ORAU, Contractor to U.S. Environmental Protection Agency through the National Student Services Contract, United States; National Center for Computational Toxicology, Office of Research and Development, US Environmental Protection Agency, United States.
ORAU, Contractor to U.S. Environmental Protection Agency through the National Student Services Contract, United States; ORISE Postdoctoral Research Participant, United States.
Reprod Toxicol. 2019 Oct;89:145-158. doi: 10.1016/j.reprotox.2019.07.012. Epub 2019 Jul 21.
The Toxicity Reference Database (ToxRefDB) structures information from over 5000 in vivo toxicity studies, conducted largely to guidelines or specifications from the US Environmental Protection Agency and the National Toxicology Program, into a public resource for training and validation of predictive models.

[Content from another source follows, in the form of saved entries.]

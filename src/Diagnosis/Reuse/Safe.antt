-- ===== src/Diagnosis/Reuse/Safe.antt =====
-- diagnosis/fingerprint.go, canReuse and buildReusedReport: when a report is reused, and as what.
use mathlib.Core.List.{append-nil}
use amp_sentinel.Prelude.{
  ℕ, ◌≤◌, ◌≡◌, ◌≢◌, ◌↔◌, ◌⊎◌, refl, sym, Bool, true, false, List, [], ◌∷◌, ◌++◌, some, arith, any,
  ◌||◌,
}
use amp_sentinel.Prelude.Text.{Text, text_eq, text_eq_iff, is_empty}
use amp_sentinel.Intake.Event.{RawEvent, critical}
use amp_sentinel.Diagnosis.Types.{QualityScore, flag_hallucinated_file, flag_hallucinated_line}
use amp_sentinel.Diagnosis.Report.{Report}
use amp_sentinel.Diagnosis.Reuse.{
  may_reuse, can_reuse, commit_match, is_inconclusive, is_hallucination, flag_reused_stale_commit,
  build_reused_report, with_flags,
}

is_empty_iff : (s : Text) → (is_empty s ≡ true) ↔ (s ≡ [])
is_empty_iff [] = ground arith
is_empty_iff (c ∷ s) = ground arith

-- What a report must be for any reuse.
pub record IsReusable (r : Report) (min_score : ℕ) : Type 0 where
  pub untainted : r.tainted ≡ false
  pub conclusive : is_inconclusive r.structured_result ≡ false
  pub good : min_score ≤ r.quality_score.normalized
  pub no_hallucination : any is_hallucination r.quality_score.flags ≡ false

-- A cached report is reused with some flags exactly if it is untainted, not inconclusive, good enough and free of
-- hallucination flags, and either one of the two commits is not known or they are equal, and there is no flag; or both
-- are known and differ, the event is not critical, and the flag is that of a stale commit.
pub can_reuse_iff :
    (r : Report) (current severity : Text) (min_score : ℕ) (flags : List Text)
    → (can_reuse (some r) current severity min_score ≡ some flags) ↔ (
        IsReusable r min_score
        × ((((current ≡ []) ⊎ (r.commit_hash ≡ []) ⊎ (current ≡ r.commit_hash)) × (flags ≡ []))
            ⊎ ((current ≢ [])
                × (r.commit_hash ≢ [])
                × (current ≢ r.commit_hash)
                × (severity ≢ critical)
                × (flags ≡ flag_reused_stale_commit ∷ []))))
unfolding can_reuse may_reuse commit_match
can_reuse_iff r current severity min_score flags = ground (
  arith,
  is_empty_iff current,
  is_empty_iff r.commit_hash,
  text_eq_iff current r.commit_hash,
  text_eq_iff severity critical,
)

stale_is_no_hallucination : is_hallucination flag_reused_stale_commit ≡ false
unfolding is_hallucination flag_reused_stale_commit flag_hallucinated_file flag_hallucinated_line
    text_eq
stale_is_no_hallucination = refl

any-append : (p : Text → Bool) (xs ys : List Text) → any p (xs ++ ys) ≡ any p xs || any p ys
any-append p [] ys = refl
any-append p (x ∷ xs) ys = ground (arith, any-append p xs ys)

pub with_flags-fields :
    (q : QualityScore) (fs : List Text)
    → ((with_flags q fs).normalized ≡ q.normalized) × ((with_flags q fs).flags ≡ q.flags ++ fs)
unfolding with_flags
with_flags-fields q [] = (refl, sym (append-nil q.flags))
with_flags-fields q (f ∷ fs) = (refl, refl)

added_flags_harmless :
    (r : Report) (current severity : Text) (min_score : ℕ) (flags : List Text)
    → can_reuse (some r) current severity min_score ≡ some flags
    → any is_hallucination flags ≡ false
added_flags_harmless r current severity min_score flags h =
    let k = (can_reuse_iff r current severity min_score flags).0 h in
    ground (arith, stale_is_no_hallucination)

-- The report made from one that may be reused meets the conditions for reuse itself; it has the flags of the old one
-- and the added ones, names the task that it comes from, and keeps the verdict and the final confidence.
pub build_reused_report-IsReusable :
    (r : Report) (event : RawEvent) (name current fingerprint severity : Text) (min_score now : ℕ)
    (flags : List Text)
    → can_reuse (some r) current severity min_score ≡ some flags
    → let b = build_reused_report r event name current fingerprint flags now in
      IsReusable b min_score
      × (b.quality_score.flags ≡ r.quality_score.flags ++ flags)
      × (b.reused_from_id ≡ r.task_id)
      × (b.has_issue ≡ r.has_issue)
      × (b.final_confidence ≡ r.final_confidence)
unfolding build_reused_report
build_reused_report-IsReusable r event name current fingerprint severity min_score now flags h =
    let k = (can_reuse_iff r current severity min_score flags).0 h in
    let kept = with_flags-fields r.quality_score flags in
    ground (
      arith,
      added_flags_harmless r current severity min_score flags h,
      any-append is_hallucination r.quality_score.flags flags,
    )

Herein, ToxRefDB version 2.0 (ToxRefDBv2) development is described. Endpoints were annotated (e.g. required, not required) according to guidelines for subacute, subchronic, chronic, developmental, and multigenerational reproductive designs, distinguishing negative responses from untested. Quantitative data were extracted, and dose-response modeling for nearly 28,000 datasets from nearly 400 endpoints using Benchmark Dose (BMD) Modeling Software were generated and stored. Implementation of controlled vocabulary improved data quality; standardization to guideline requirements and cross-referencing with United Medical Language System (UMLS) connects ToxRefDBv2 observations to vocabularies linked to UMLS, including PubMed medical subject headings. ToxRefDBv2 allows for increased connections to other resources and has greatly enhanced quantitative and qualitative utility for predictive toxicology.
毒性参考数据库(ToxRefDB)将 5000 多项体内毒性研究的信息进行了结构化处理,这些研究主要是按照美国环境保护署和国家毒理学计划的指导方针或规范进行的,现已将其构建为一个公共资源,用于培训和验证预测模型。本文介绍了 ToxRefDB 版本 2.0(ToxRefDBv2)的开发情况。根据亚急性、亚慢性、慢性、发育和多代生殖设计的指导方针,对终点进行了注释(例如必需、非必需),将阴性反应与未测试的反应区分开来。使用基准剂量(BMD)建模软件提取了近 28000 个数据集的定量数据,并对近 400 个终点的近 28000 个数据集进行了剂量反应建模,并进行了存储。受控词汇的实现提高了数据质量;根据指导方针的要求进行标准化,并与统一医学语言系统(UMLS)交叉引用,将 ToxRefDBv2 的观察结果与与 UMLS 相关联的词汇联系起来,包括 PubMed 医学主题词。ToxRefDBv2 允许与其他资源进行更多的连接,并极大地提高了预测毒理学的定量和定性效用。